A nice, cocky guy? That’s the equivalent of the high school quarterback type with a lot of money—a douchebag in my book. I’ll probably want to kick his ass in the first five minutes.
I clear my throat. “If he was so nice, why’d you break up?”
She sighs as she opens her lip gloss. “He’s older than me. I was still in high school when he was in his junior year of college. There was just too much of an age difference to stay together back then. We were at different points in our lives.”
I raise my eyebrows. If this fucker had better things to do than to keep a beautiful woman like Aubrey on the back burner back then, I don’t want him trying to take care of her now. I’m worried he’s not worthy to be the one to get her what she wants. This woman is my world and I’ll do anything to make sure she’s happy. “Maybe we should reconsider hiring him.”

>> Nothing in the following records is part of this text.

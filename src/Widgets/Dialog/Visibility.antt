-- ===== src/Widgets/Dialog/Visibility.antt =====
-- When a dialog is shown: the flag `open`, the visible state and the one timer.
use padlock_cloud.Prelude.{
  Bool-cases, ℕ, ◌≡◌, ◌≢◌, refl, ◌⊎◌, inl, inr, Bool, true, false, Option, none, some, List, [],
  ◌∷◌, arith, if◌then◌else◌,
}
use padlock_cloud.Browser.Timers.{Timers, callback, set_timeout, clear_timeout}
use padlock_cloud.Widgets.Dialog.{
  same, Effect, dispatch, Dialog, init, open_changed, set_open, hide, dismiss, on_backbutton,
}

-- What can happen to a dialog; each time, some input of the page may have the focus.
pub data Step (d : Dialog) : Dialog → Type 0 where
  opened : (active value : Bool) → Step d (set_open active value d).0
  dismissed : (active : Bool) → Step d (dismiss active d).0
  went_back : (active : Bool) → Step d (on_backbutton active d).0
  -- `preventDismiss` is set from outside.
  locked : (value : Bool) → Step d (record d { prevent_dismiss = value })
  timed : (n : ℕ) → callback n d.timers.live ≡ some tt → Step d (hide n d)

-- From the element's `ready` on.
pub data Reach : Dialog → Type 0 where
  ready : (active : Bool) → Reach (open_changed active init).0
  next : {d e : Dialog} → Reach d → Step d e → Reach e

-- Open: shown, with no live timer. Closing: the timer set last is the only one. Closed: hidden, with
-- no live timer.
pub data Phase (d : Dialog) : Type 0 where
  shown :
      d.open_flag ≡ true
      → d.is_showing ≡ true
      → d.display ≡ ""
      → d.open_class ≡ true
      → d.timers.live ≡ []
      → Phase d
  closing :
      (n : ℕ)
      → d.open_flag ≡ false
      → d.open_class ≡ false
      → d.hide_timeout ≡ some n
      → d.timers.live ≡ (n, tt) ∷ []
      → Phase d
  hidden :
      d.open_flag ≡ false
      → d.is_showing ≡ false
      → d.display ≡ "none"
      → d.open_class ≡ false
      → d.timers.live ≡ []
      → Phase d

clear_none : (t : Option ℕ) (ts : Timers (Unit {0})) → ts.live ≡ [] → (clear_timeout t ts).live ≡ []
unfolding clear_timeout
clear_none none ts h = h
clear_none (some n) ts h = rw h refl

clear_last :
    (n : ℕ) (ts : Timers (Unit {0}))
    → ts.live ≡ (n, tt) ∷ []
    → (clear_timeout (some n) ts).live ≡ []
unfolding clear_timeout
clear_last n ts h = rw h (ground arith)

callback_one : (m n : ℕ) → callback m ((n, tt) ∷ []) ≡ some tt → n ≡ m
unfolding callback
callback_one m n e = ground arith

none_fires : (n : ℕ) {live : List (ℕ × Unit {0})} → live ≡ [] → callback n live ≢ some tt
unfolding callback
none_fires n h e = let e' : none ≡ some tt = rw h at e in cc

clear_Phase : (d : Dialog) → Phase d → (clear_timeout d.hide_timeout d.timers).live ≡ []
clear_Phase d (shown o s p c l) = clear_none d.hide_timeout d.timers l
clear_Phase d (closing n o c t l) = rw t (clear_last n d.timers l)
clear_Phase d (hidden o s p c l) = clear_none d.hide_timeout d.timers l

-- The observer needs only that clearing the last timer leaves none.
open_changed-Phase :
    (active : Bool) (d : Dialog)
    → (clear_timeout d.hide_timeout d.timers).live ≡ []
    → Phase (open_changed active d).0
unfolding open_changed
open_changed-Phase active d h = elim (Bool-cases d.open_flag) [
  | inl o ↦ rw o (shown refl refl refl refl h)
  | inr o ↦ rw o (
      closing (clear_timeout d.hide_timeout d.timers).fresh refl refl refl
        (unfold set_timeout in rw h refl))
]

set_open_cases :
    (active value : Bool) (d : Dialog)
    → ((set_open active value d).0 ≡ d)
      ⊎ ((set_open active value d).0 ≡ (open_changed active (record d { open_flag = value })).0)
unfolding set_open
set_open_cases active value d = elim (Bool-cases (same d.open_flag value)) [
  | inl s ↦ inl (rw s refl)
  | inr s ↦ inr (rw s refl)
]

set_open-Phase : (active value : Bool) (d : Dialog) → Phase d → Phase (set_open active value d).0
set_open-Phase active value d h = elim (set_open_cases active value d) [
  | inl e ↦ rw e h
  | inr e ↦ rw e (open_changed-Phase active (record d { open_flag = value }) (clear_Phase d h))
]

Phase-if :
    (b : Bool) (x y : Dialog × List Effect) → Phase x.0 → Phase y.0 → Phase (if b then x else y).0
Phase-if true x y hx hy = hx
Phase-if false x y hx hy = hy

dismiss-Phase : (active : Bool) (d : Dialog) → Phase d → Phase (dismiss active d).0
unfolding dismiss
dismiss-Phase active d h = Phase-if d.prevent_dismiss (d, []) _ h (set_open-Phase active false d h)

back-Phase : (active : Bool) (d : Dialog) → Phase d → Phase (on_backbutton active d).0
unfolding on_backbutton
back-Phase active d h = Phase-if d.open_flag _ (d, []) (dismiss-Phase active d h) h

hide-Phase : (n : ℕ) (d : Dialog) → callback n d.timers.live ≡ some tt → Phase d → Phase (hide n d)
unfolding hide
hide-Phase n d e (shown o s p c l) = absurd (none_fires n l e)
hide-Phase n d e (closing m o c t l) =
    let same_timer : m ≡ n = callback_one n m (rw l at e) in
    hidden o refl refl c (rw l (rw same_timer (ground arith)))
hide-Phase n d e (hidden o s p c l) = absurd (none_fires n l e)

lock-Phase : (d : Dialog) (value : Bool) → Phase d → Phase (record d { prevent_dismiss = value })
lock-Phase d value (shown o s p c l) = shown o s p c l
lock-Phase d value (closing n o c t l) = closing n o c t l
lock-Phase d value (hidden o s p c l) = hidden o s p c l

Step-Phase : {d e : Dialog} → Step d e → Phase d → Phase e
Step-Phase {d} (opened active value) h = set_open-Phase active value d h
Step-Phase {d} (dismissed active) h = dismiss-Phase active d h
Step-Phase {d} (went_back active) h = back-Phase active d h
Step-Phase {d} (locked value) h = lock-Phase d value h
Step-Phase {d} (timed n e) h = hide-Phase n d e h

-- A dialog is always in one of three phases: open, shown and with no live timer; closed, with
-- exactly one live timer, which is the one set last; or closed, hidden and with no live timer. So a
-- dialog that is opened again before its timer fires is not hidden by it.
pub Reach-Phase : {d : Dialog} → Reach d → Phase d
Reach-Phase (ready active) = open_changed-Phase active init (unfold init clear_timeout in refl)
Reach-Phase (next r s) = Step-Phase s (Reach-Phase r)

-- A dialog that may not be dismissed stays as it is, and nothing is dispatched. Any other open
-- dialog is closed, with the events "dialog-dismiss" and "dialog-close".
pub dismiss_lem :
    (active : Bool) (d : Dialog)
    → (d.prevent_dismiss ≡ true) × (dismiss active d ≡ (d, []))
      ⊎ (d.prevent_dismiss ≡ false)
        × (d.open_flag ≡ false)
        × (dismiss active d ≡ (d, dispatch "dialog-dismiss" ∷ []))
      ⊎ (d.prevent_dismiss ≡ false)
        × (d.open_flag ≡ true)
        × ((dismiss active d).0.open_flag ≡ false)
        × ((dismiss active d).1 ≡ dispatch "dialog-dismiss" ∷ dispatch "dialog-close" ∷ [])
unfolding dismiss
dismiss_lem active d = ground arith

She glances over at me with a smirk, expecting I have a smart-ass remark to follow that. She knows me so well. “Why’s that?”
I shove myself off the bed and move into the bathroom to stand behind her. I grip her slender upper arms with my hands. “Because the asshole must be crazy if he let you go.” I lean in and kiss her cheek. “How smart can he really be?”
Kitten smiles. “Smart enough to know he was never going to be man enough for me.”
I smirk. “That’s right. You have a thing for the bad boys.”
She turns in my arms and places her hand over my heart. “Only bad boys with hearts made of gold.”
There it is again—her believing the best of me. I wish I could believe her—that deep down I’m a noble man, but only hours ago I was willing to walk out on her for my own selfish reasons. Granted, I’m still not happy about The Judge dragging Trip into this fucking mess, but I figure the only reason he did that was because he knew I would tell him I didn’t give a fuck if the world knew about my history. I don’t give a shit what people think of me. I only care about her. Aubrey is my world now, and damn it, I’m keeping her—no matter what.